Provided information:
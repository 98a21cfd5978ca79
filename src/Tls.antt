-- ===== src/Tls.antt =====
-- tls.go: the TLS settings and the credentials built from them. Reading the files and parsing their
-- PEM content are crypto/tls, crypto/x509 and os: the record `Files` holds what the code calls.
pub mod FailClosed
use herrscher_transport.Prelude.{
  ℕ, String, Bool, true, false, not, ◌||◌, List, [], ◌∷◌, ◌++◌, ◌==◌, Option, none, some,
  if◌then◌else◌,
}
use herrscher_transport.Errors.{
  Error, Result, ok, err, ◌>>=◌, wrapped, tls_half_configured, tls_not_configured, ca_file,
}
use herrscher_transport.Errors.Format.{env_tls_ca, env_tls_cert, env_tls_key}

pub record TlsConfig : Type 0 where
  pub ca_file_name : String
  pub cert_file : String
  pub key_file : String

-- c.CAFile != ""
abbrev pub is_set : String → Bool
is_set file = not (file == "")

-- TLSConfig.Enabled
unfoldable pub enabled : TlsConfig → Bool
enabled c = is_set c.ca_file_name || is_set c.cert_file || is_set c.key_file

abbrev pub when_empty : String → String → List String
when_empty file name = if file == "" then name ∷ [] else []

-- The names appended to `missing`, in order.
unfoldable pub missing_of : TlsConfig → List String
missing_of c =
    when_empty c.ca_file_name env_tls_ca
    ++ (when_empty c.cert_file env_tls_cert ++ when_empty c.key_file env_tls_key)

abbrev pub half_configured : {B : Type 0} → List String → Result B (Unit {0})
half_configured [] = ok tt
half_configured (name ∷ names) = err (tls_half_configured (name ∷ names))

-- TLSConfig.Validate
unfoldable pub validate : (B : Type 0) → TlsConfig → Result B (Unit {0})
unfolding enabled missing_of
validate B c = if not (enabled c) then ok tt else half_configured (missing_of c)

pub record Files (B : Type 0) : Type 1 where
  pub Certificate : Type 0
  pub Pem : Type 0
  pub Pool : Type 0
  pub load_key_pair : (cert_file key_file : String) → Result B Certificate
  pub read_file : String → Result B Pem
  -- AppendCertsFromPEM on an empty pool: the pool, if a certificate was parsed
  pub certs_from_pem : Pem → Option Pool

module _ {B : Type 0} (F : Files B) where
  open F use {Certificate, Pem, Pool, load_key_pair, read_file, certs_from_pem}

  abbrev pub pool_or_error : String → Option Pool → Result B Pool
  pool_or_error file none = err (ca_file file)
  pool_or_error file (some pool) = ok pool

  -- TLSConfig.loadCertAndPool
  unfoldable pub load_cert_and_pool : TlsConfig → Result B (Certificate × Pool)
  unfolding enabled validate
  load_cert_and_pool c = if not (enabled c) then err tls_not_configured else do
    u ← validate B c
    cert ← wrapped "transport: load keypair" (load_key_pair c.cert_file c.key_file)
    pem ← wrapped "transport: read CA" (read_file c.ca_file_name)
    pool ← pool_or_error c.ca_file_name (certs_from_pem pem)
    ok (cert, pool)

  -- tls.Config as the two functions fill it; `none` is a field that they leave nil.
  pub record Credentials : Type 0 where
    pub certificate : Certificate
    pub client_cas : Option Pool
    pub root_cas : Option Pool
    pub require_and_verify_client_cert : Bool
    pub min_version : ℕ

  abbrev pub version_tls12 : ℕ
  version_tls12 = 0x0303

  -- TLSConfig.ServerCredentials
  unfoldable pub server_credentials : TlsConfig → Result B Credentials
  unfolding load_cert_and_pool
  server_credentials c = do
    loaded ← load_cert_and_pool c
    ok (record {
      certificate = loaded.0;
      client_cas = some loaded.1;
      root_cas = none;
      require_and_verify_client_cert = true;
      min_version = version_tls12;
    })

  -- TLSConfig.ClientCredentials
  unfoldable pub client_credentials : TlsConfig → Result B Credentials
  unfolding load_cert_and_pool
  client_credentials c = do
    loaded ← load_cert_and_pool c
    ok (record {
      certificate = loaded.0;
      client_cas = none;
      root_cas = some loaded.1;
      require_and_verify_client_cert = false;
      min_version = version_tls12;
    })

Task item: Repeat precisely, and with nothing added, every line from the one containing "require_and_verify_client_cert = false;" to the last line of the listing above.

Result for this task:
      require_and_verify_client_cert = false;
      min_version = version_tls12;
    })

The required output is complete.